Teacher asks, “Imagine, touch wood, that this is the last day of your life. What would be the things that you really want to do? I thought of going back to my family, then teacher pushed on, “Imagine its the last 15 minutes of your life….” I thought about my daughter and my father and the unresolved issues. But they dont seem as important anymore. I told teacher, that if in the past, I felt it was difficult to forgive him. Now i find it easier and I m willing. It seemed that those werent as important anymore. I could understand why he run away. And the feeling is, it doesnt really matter anymore.

It seemed like i have loosened up a wee bit. And I felt better and more at ease with myself having arrived here.

I spoke about my daughter and my expectations of her, and reacting to her from my imprints. And teacher asks, “and you feel guilty?”

Yes i said. 

“Did you do these consciously or when you were not mindful?” I said it was mostly unconscious effort when i interacted with qinzhi. i have been passing down what I knew, what I have been taught or expected of me to my girl. I havent really been reacting to her from a basal point of no imprints. To which teacher said, “and so, no need to feel bad, you did not do that on purpose. But you see, you passed on the imprints, and it rests on her to resolve this.”

Just like how I m trying to resolve issues my mother has faced.

Teacher says, “and i know you do not want to pass on imprints or let the next generation suffer like you.”

We discussed the meaning of life. I didnt really have an answer. I told teacher, i was extremely touched during the Tsoknyi Rinpoche retreat, because of his presence. I thought what was really touching was when Rinpoche said, live a healthy, happy and meaningful life.
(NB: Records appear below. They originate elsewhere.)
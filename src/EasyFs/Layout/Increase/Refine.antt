-- ===== src/EasyFs/Layout/Increase/Refine.antt =====
-- `increase_size` appends its new blocks to the list of an inode's blocks.
use r_core_tutorial_v3_arm.Base.{
  ℕ, suc, ◌+◌, ◌^◌, ◌≤◌, ◌<◌, ◌≡◌, refl, sym, ap, ◌∙◌, subst, List, [], ◌∷◌, ◌++◌, arith, length,
  length-append, All, Distinct, contains-append, done,
}
use r_core_tutorial_v3_arm.EasyFs.Layout.{DiskInode, with_indices}
use r_core_tutorial_v3_arm.EasyFs.Layout.Clear.{max_blocks}
use r_core_tutorial_v3_arm.EasyFs.Layout.Sizes.{blocks_of}
use r_core_tutorial_v3_arm.EasyFs.Layout.Increase.{Growth, increase_size}
use r_core_tutorial_v3_arm.EasyFs.Layout.Increase.Slots.{slot, slot-IsSlot, max_slots, Represents}
use r_core_tutorial_v3_arm.EasyFs.Layout.Increase.Append.{OnlyIndices}
use r_core_tutorial_v3_arm.EasyFs.Layout.Increase.Appends.{
  Appended, put-Appended, OnlyIndices-append,
}
use r_core_tutorial_v3_arm.EasyFs.Layout.Increase.Rounds.{appends}
use r_core_tutorial_v3_arm.EasyFs.Layout.Increase.Growing.{increase_size-appends}

append_snoc : (xs : List ℕ) (x : ℕ) (ys : List ℕ) → (xs ++ (x ∷ [])) ++ ys ≡ xs ++ (x ∷ ys)
append_snoc [] x ys = refl
append_snoc (z ∷ xs) x ys = ap (◌∷◌ z) (append_snoc xs x ys)

pub Distinct-left : (xs ys : List ℕ) → Distinct (xs ++ ys) → Distinct xs
Distinct-left [] ys d = tt
Distinct-left (x ∷ xs) ys d =
    (ground (arith, contains-append xs ys x, d.0), Distinct-left xs ys d.1)

append_nil : (xs : List ℕ) → xs ++ [] ≡ xs
append_nil [] = refl
append_nil (x ∷ xs) = ap (◌∷◌ x) (append_nil xs)

appends-Appended :
    (bs all rest : List ℕ) (g : Growth)
    → Represents g.inode g.device all
    → Distinct (all ++ bs)
    → All (λ x. x < 2 ^ 32) bs
    → length all + length bs ≤ max_slots
    → g.new_blocks ≡ bs ++ rest
    → (g' : Growth) × (appends (length bs) (length all) g ≡ done g') × Appended g g' all bs rest
appends-Appended [] all rest g r d w m e = (
  g,
  refl,
  record {
    represented = subst (Represents g.inode g.device) (sym (append_nil all)) r;
    left = e;
    size_kept = refl;
    type_kept = refl;
    only = λ b n. refl;
  },
)
appends-Appended (x ∷ bs) all rest g r d w m e =
    let (in_range, at) = slot-IsSlot (length all) (omega (arith, m)) in
    let (g', p, a) =
      put-Appended (slot (length all)) g all x (bs ++ rest) r (Distinct-left all (x ∷ bs) d)
        in_range at e w.0 in
    let longer = append_snoc all x bs in
    let count : length (all ++ (x ∷ [])) ≡ suc (length all) =
      omega (arith, length-append all (x ∷ [])) in
    let (h, q, b) =
      appends-Appended bs (all ++ (x ∷ [])) rest g' a.represented (subst Distinct (sym longer) d)
        w.1 (omega (arith, count, m)) a.left in
    (
      h,
      rw p (ap (λ k. appends (length bs) k g') (sym count) ∙ q),
      record {
        represented = subst (Represents h.inode h.device) longer b.represented;
        left = b.left;
        size_kept = b.size_kept ∙ a.size_kept;
        type_kept = b.type_kept ∙ a.type_kept;
        only = λ c n.
            subst (λ l. OnlyIndices l g'.device h.device) longer b.only c n
            ∙ subst (λ l. OnlyIndices l g.device g'.device) longer
                (OnlyIndices-append (all ++ (x ∷ [])) bs g.device g'.device a.only) c n;
      },
    )

-- An inode whose blocks are the list `all`, as many as its size asks for, grows by the distinct blocks `bs`,
-- as many as the new size asks for: `increase_size` does not panic, the inode then has the new size and
-- its blocks are `all` followed by `bs`, no block is left, and of the device only blocks of indices of the
-- inode were written.
pub increase_size_refines :
    (inode : DiskInode) (new_size : ℕ) (all bs : List ℕ) (device : ℕ → List ℕ)
    → Represents inode device all
    → length all ≡ with_indices (blocks_of inode.size)
    → Distinct (all ++ bs)
    → All (λ x. x < 2 ^ 32) bs
    → inode.size ≤ new_size
    → blocks_of new_size ≤ max_blocks
    → length all + length bs ≡ with_indices (blocks_of new_size)
    → (g : Growth) × (increase_size inode new_size bs device ≡ done g)
      × Represents g.inode g.device (all ++ bs)
      × (g.inode.size ≡ new_size)
      × (g.inode.type_ ≡ inode.type_)
      × (g.new_blocks ≡ [])
      × OnlyIndices (all ++ bs) device g.device
increase_size_refines inode new_size all bs device r l d w h m n =
    let resized : DiskInode = record inode { size = new_size } in
    let g : Growth = record { inode = resized; device = device; new_blocks = bs } in
    let kept : Represents resized device all = record {
      held = λ s x i e. r.held s x i e;
      directs = r.directs;
      blocks = r.blocks;
    } in
    let (g', p, a) =
      appends-Appended bs all [] g kept d w (ground (arith, m, n)) (sym (append_nil bs)) in
    (
      g',
      increase_size-appends inode new_size bs device (length bs) h m (omega (arith, l, n))
          ∙ ap (λ q. appends (length bs) q g) (sym l)
          ∙ p,
      a.represented,
      a.size_kept,
      a.type_kept,
      a.left,
      a.only,
    )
But what is meaningful life? Its so difficult to answer. And during the refuge taking ceremony. I thought how nice! How blessed! to be able to find shelter find beliefs find guidance hope and light when one needs? I feel also v blessed to have the opportunity to listen to these teachings and to be here and to have shelter deep inside.
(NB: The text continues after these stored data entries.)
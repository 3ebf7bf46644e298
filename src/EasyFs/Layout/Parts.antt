-- ===== src/EasyFs/Layout/Parts.antt =====
-- Parts of a list, for the blocks that `clear_size` gives back.
use r_core_tutorial_v3_arm.Base.{
  ℕ, zero, suc, ◌+◌, ◌≤◌, ◌<◌, ◌≡◌, refl, sym, ap, ◌∙◌, Option, none, some, List, [], ◌∷◌, ◌++◌,
  arith, length, get_elem?, take, done, unwrap, done-injective,
}
use r_core_tutorial_v3_arm.EasyFs.Layout.{push_entries}
use r_core_tutorial_v3_arm.EasyFs.Layout.Clear.{get_elem?-in}
use r_core_tutorial_v3_arm.EasyFs.Layout.Increase.Append.{get_elem?-bound}

-- `v` stands in the list from place `p` on.
abbrev pub IsPart : List ℕ → ℕ → List ℕ → Type 0
IsPart all p v = (i q x : ℕ) → q ≡ p + i → get_elem? v i ≡ some x → get_elem? all q ≡ some x

pub nothing-IsPart : (all : List ℕ) (p : ℕ) → IsPart all p []
nothing-IsPart all p i q x e f = absurd (grind (arith, f))

pub cons-IsPart :
    (all : List ℕ) (p x : ℕ) (v : List ℕ)
    → get_elem? all p ≡ some x
    → IsPart all (suc p) v
    → IsPart all p (x ∷ v)
cons-IsPart all p x v e h zero q y f g = ap (get_elem? all) same ∙ e ∙ g
  where
    same : q ≡ p
    same = omega (arith, f)
cons-IsPart all p x v e h (suc i) q y f g = h i q y (omega (arith, f)) g

pub append-IsPart :
    (all : List ℕ) (p : ℕ) (v w : List ℕ)
    → IsPart all p v
    → IsPart all (p + length v) w
    → IsPart all p (v ++ w)
append-IsPart all p [] w h k = λ i q x e f. k i q x (omega (arith, e)) f
append-IsPart all p (y ∷ v) w h k = cons-IsPart all p y (v ++ w) (h 0 p y (omega arith) refl) (
    append-IsPart all (suc p) v w (λ i q x e f. h (suc i) q x (omega (arith, e)) f)
      (λ i q x e f. k i q x (omega (arith, e)) f))

pub IsPart-whole : (all v : List ℕ) → IsPart all 0 v → length v ≡ length all → v ≡ all
IsPart-whole [] [] h l = refl
IsPart-whole [] (x ∷ v) h l = absurd (omega (arith, l))
IsPart-whole (y ∷ all) [] h l = absurd (omega (arith, l))
IsPart-whole (y ∷ all) (x ∷ v) h l =
    ap (λ z. z ∷ v) (value x y (h 0 0 x (omega arith) refl))
    ∙ ap (◌∷◌ y) (
        IsPart-whole all v (λ i q z e f. h (suc i) (suc q) z (omega (arith, e)) f)
          (omega (arith, l)))
  where
    value : (x y : ℕ) → some y ≡ some x → x ≡ y
    value x y e = sym (ap (λ (o : Option ℕ). elim o [ none ↦ y | some z ↦ z ]) e)

pub unwrap-some : (o : Option ℕ) (x : ℕ) → unwrap o ≡ done x → o ≡ some x
unwrap-some none x e = absurd (grind (arith, e))
unwrap-some (some y) x e = ap some (done-injective e)

-- Words that are as many as the list has from `p` on, where they agree.
pub agree-IsPart :
    (words all : List ℕ) (p n : ℕ)
    → p + n ≤ length all
    → length words ≤ n
    → ((i x : ℕ) → i < n → get_elem? all (p + i) ≡ some x → get_elem? words i ≡ some x)
    → IsPart all p words
agree-IsPart words all p n fits l h i q x e f =
    let bound = get_elem?-bound words i x f in
    let (y, g) = get_elem?-in all (p + i) (omega (arith, bound, l, fits)) in
    ap (get_elem? all) e ∙ g ∙ sym (h i y (omega (arith, bound, l)) g) ∙ f

pub push_entries-IsPart :
    (n c : ℕ) (words all : List ℕ) (p : ℕ)
    → p + n ≤ length all
    → ((i x : ℕ) → i < n → get_elem? all (p + i) ≡ some x → get_elem? words (c + i) ≡ some x)
    → (v : List ℕ) × (push_entries n c words ≡ done v) × IsPart all p v × (length v ≡ n)
push_entries-IsPart zero c words all p fits h = ([], refl, nothing-IsPart all p, refl)
push_entries-IsPart (suc n) c words all p fits h =
    let (x, e) = get_elem?-in all p (omega (arith, fits)) in
    let at : get_elem? words c ≡ some x =
      ap (get_elem? words) (omega arith)
      ∙ h 0 x (omega arith) (ap (get_elem? all) (omega arith) ∙ e) in
    let (v, f, k, l) =
      push_entries-IsPart n (suc c) words all (suc p) (omega (arith, fits)) (λ i y b g.
        ap (get_elem? words) (omega arith)
        ∙ h (suc i) y (omega (arith, b)) (ap (get_elem? all) (omega arith) ∙ g)) in
    (x ∷ v, rw (at, f) refl, cons-IsPart all p x v e k, ap suc l)

pub get_elem?-take : (n i : ℕ) (xs : List ℕ) → i < n → get_elem? (take n xs) i ≡ get_elem? xs i
get_elem?-take zero i xs h = absurd (omega (arith, h))
get_elem?-take (suc n) i [] h = refl
get_elem?-take (suc n) zero (x ∷ xs) h = refl
get_elem?-take (suc n) (suc i) (x ∷ xs) h = get_elem?-take n i xs (omega (arith, h))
Teacher says, “The meaning of refuge actually is the way home, a place for you to go to. Your soul picked to be borne in this land, in this family to meet these people you have, because you soul wanted it. You have a purpose or something you wanted in this lifetime. Thats why you are here. When we did that little experiment, about living the last day of your life, you didnt talk about achievements, you talked about resolving issues close to heart. Achieving this sense of inner freedom and ease. For you,  the meaning of life is to heal yourself and to release yourself from imprints, i know you dont want to carry this over to the next generation. This is what you are here for.”
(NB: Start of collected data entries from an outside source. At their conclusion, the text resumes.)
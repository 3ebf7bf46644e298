-- ===== src/EasyFs/Layout/Indices.antt =====
-- The blocks of indices, and those they name, as parts of the list of an inode's blocks.
use r_core_tutorial_v3_arm.Base.{
  ℕ, zero, suc, ◌+◌, ◌*◌, ◌/◌, ◌%◌, ◌≤◌, ◌<◌, ◌≡◌, refl, sym, ap, ◌∙◌, some, List, [], ◌∷◌, ◌++◌,
  arith, ltb, if◌then◌else◌, length, get_elem?, take, done, ◌>>=◌,
}
use r_core_tutorial_v3_arm.EasyFs.Layout.{
  DiskInode, as_words, word, push_full, push_last, push_indirect2,
}
use r_core_tutorial_v3_arm.EasyFs.Layout.Clear.{
  get_elem?-in, length-take, length-as_words, push_full-length,
}
use r_core_tutorial_v3_arm.EasyFs.Layout.Increase.Slots.{
  entry_slot, row_slot, leaf_slot, Represents,
}
use r_core_tutorial_v3_arm.EasyFs.Layout.Parts.{
  IsPart, nothing-IsPart, cons-IsPart, append-IsPart, unwrap-some, agree-IsPart, get_elem?-take,
}

module _ (inode : DiskInode) (device : ℕ → List ℕ) (all : List ℕ)
    (r : Represents inode device all) where
  full_words : (id : ℕ) → length (as_words (device id)) ≡ 128
  full_words id = length-as_words 128 (device id) (r.blocks id)

  pub entries_agree :
      (i x : ℕ)
      → i < 128
      → get_elem? all (29 + i) ≡ some x
      → get_elem? (as_words (device inode.indirect1)) i ≡ some x
  entries_agree i x h e =
      unwrap-some (get_elem? (as_words (device inode.indirect1)) i) x (r.held (entry_slot i) x h e)

  rows_agree :
      (a x : ℕ)
      → a < 128
      → get_elem? all (158 + 129 * a) ≡ some x
      → get_elem? (as_words (device inode.indirect2)) a ≡ some x
  rows_agree a x h e =
      unwrap-some (get_elem? (as_words (device inode.indirect2)) a) x (r.held (row_slot a) x h e)

  leaves_agree :
      (a b z x : ℕ)
      → a < 128
      → b < 128
      → get_elem? all (158 + 129 * a) ≡ some z
      → get_elem? all (159 + 129 * a + b) ≡ some x
      → get_elem? (as_words (device z)) b ≡ some x
  leaves_agree a b z x ha hb e f = unwrap-some (get_elem? (as_words (device z)) b) x (
      ap (λ m. m >>= λ id. word device id b) (sym (r.held (row_slot a) z ha e))
      ∙ r.held (leaf_slot a b) x (ha, hb) f)

  row-IsPart :
      (a z n : ℕ)
      → a < 128
      → n ≤ 128
      → get_elem? all (158 + 129 * a) ≡ some z
      → 159 + 129 * a + n ≤ length all
      → IsPart all (159 + 129 * a) (take n (as_words (device z)))
  row-IsPart a z n ha hn e fits =
      agree-IsPart (take n (as_words (device z))) all (159 + 129 * a) n fits
        (omega (arith, length-take n (as_words (device z))))
        (λ b x h f.
          get_elem?-take n b (as_words (device z)) h
          ∙ leaves_agree a b z x ha (omega (arith, h, hn)) e f)

  push_full-IsPart :
      (entries : List ℕ) (a p : ℕ)
      → p ≡ 158 + 129 * a
      → a + length entries ≤ 128
      → p + 129 * length entries ≤ length all
      → ((j x : ℕ)
          → j < length entries
          → get_elem? all (158 + 129 * (a + j)) ≡ some x
          → get_elem? entries j ≡ some x)
      → IsPart all p (push_full device entries)
  push_full-IsPart [] a p e h fits agree = nothing-IsPart all p
  push_full-IsPart (z ∷ entries) a p e h fits agree =
      let (y, g) = get_elem?-in all (158 + 129 * a) (omega (arith, e, fits)) in
      let first : some z ≡ some y =
        agree 0 y (omega arith) (ap (get_elem? all) (omega arith) ∙ g) in
      let at : get_elem? all (158 + 129 * a) ≡ some z = g ∙ sym first in
      cons-IsPart all p z (as_words (device z) ++ push_full device entries)
        (ap (get_elem? all) e ∙ at)
        (append-IsPart all (suc p) (as_words (device z)) (push_full device entries)
          (agree-IsPart (as_words (device z)) all (suc p) 128 (omega (arith, fits))
            (omega (arith, full_words z))
            (λ b x hb f.
              leaves_agree a b z x (omega (arith, h)) hb at
                (ap (get_elem? all) (omega (arith, e)) ∙ f)))
          (push_full-IsPart entries (suc a) (suc p + length (as_words (device z)))
            (omega (arith, e, full_words z)) (omega (arith, h)) (omega (arith, fits, full_words z))
            (λ j x hj f.
              agree (suc j) x (omega (arith, hj)) (ap (get_elem? all) (omega arith) ∙ f))))

  push_last-IsPart :
      (a b : ℕ)
      → b < 128
      → (0 < b → a < 128)
      → 158 + 129 * a + (if ltb 0 b then suc b else 0) ≤ length all
      → (v : List ℕ) × (push_last device inode.indirect2 a b ≡ done v)
        × IsPart all (158 + 129 * a) v
  push_last-IsPart a zero lb la fits = ([], refl, nothing-IsPart all (158 + 129 * a))
  push_last-IsPart a (suc b) lb la fits =
      let row : a < 128 = la (omega arith) in
      let room : 159 + 129 * a + suc b ≤ length all = ground (arith, fits) in
      let (z, g) = get_elem?-in all (158 + 129 * a) (omega (arith, room)) in
      (
        z ∷ take (suc b) (as_words (device z)),
        ground (arith, rows_agree a z row g),
        cons-IsPart all (158 + 129 * a) z (take (suc b) (as_words (device z))) g (λ i q x e f.
            row-IsPart a z (suc b) row (omega (arith, lb)) g room i q x (omega (arith, e)) f),
      )

  pub push_indirect2-IsPart :
      (n : ℕ)
      → n ≤ 128 * 128
      → 158 + (n + (n + 127) / 128) ≤ length all
      → (v : List ℕ) × (push_indirect2 device inode.indirect2 n ≡ done v) × IsPart all 158 v
  push_indirect2-IsPart n h fits =
      let words = as_words (device inode.indirect2) in
      let entries = take (n / 128) (as_words (device inode.indirect2)) in
      let count : length (take (n / 128) (as_words (device inode.indirect2))) ≡ n / 128 = omega (
        arith,
        h,
        length-take (n / 128) (as_words (device inode.indirect2)),
        full_words inode.indirect2,
      ) in
      let (last, e, k) =
        push_last-IsPart (n / 128) (n % 128) (omega arith) (λ more. omega (arith, more, h))
          (ground (arith, fits)) in
      (
        push_full device entries ++ last,
        rw e (ground (arith, h)),
        append-IsPart all 158 (push_full device entries) last
            (push_full-IsPart entries 0 158 (omega arith) (omega (arith, count, h))
              (omega (arith, count, fits))
              (λ j x hj f.
                get_elem?-take (n / 128) j words (omega (arith, count, hj))
                ∙ rows_agree j x (omega (arith, count, hj, h))
                    (ap (get_elem? all) (omega arith) ∙ f)))
            (λ i q x d f.
              k i q x (omega (arith, d, count, push_full-length device entries r.blocks)) f),
      )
i told teacher i couldnt really enjoy or soak up the luxuries that were sent to me, i took it more for the personal space it gave me, a bit of grace to myself to be with myself. But for that, luxury has no deeper impact or meaning to me. But i had these thoughts on the plane

在商务舱看着蓝天白云,思绪起伏。
总是喜欢靠窗的位置,可以看到外面的蓝天。但是商务舱、有自己的空间的商务车,让我离开窗口远一点。

突然有点不知所措。或者说,不知道怎么continue。

生而为人究竟是怎么一回事。我都搞不懂了。
有迎接、拥有人生、幸福的喜悦
有老病死的担忧恐惧慌乱无助
如果有一个镜头在我面前,可能一会失笑一回哭泣

体验和经历的当下
是不是应该怀抱开阔雍容巨大的心?会不会有帮助?

我好像还有很多什么悬而未决没有彻底解决突破放低
但好像这些都不重要了

以前如何如何。重要的是眼前。未来。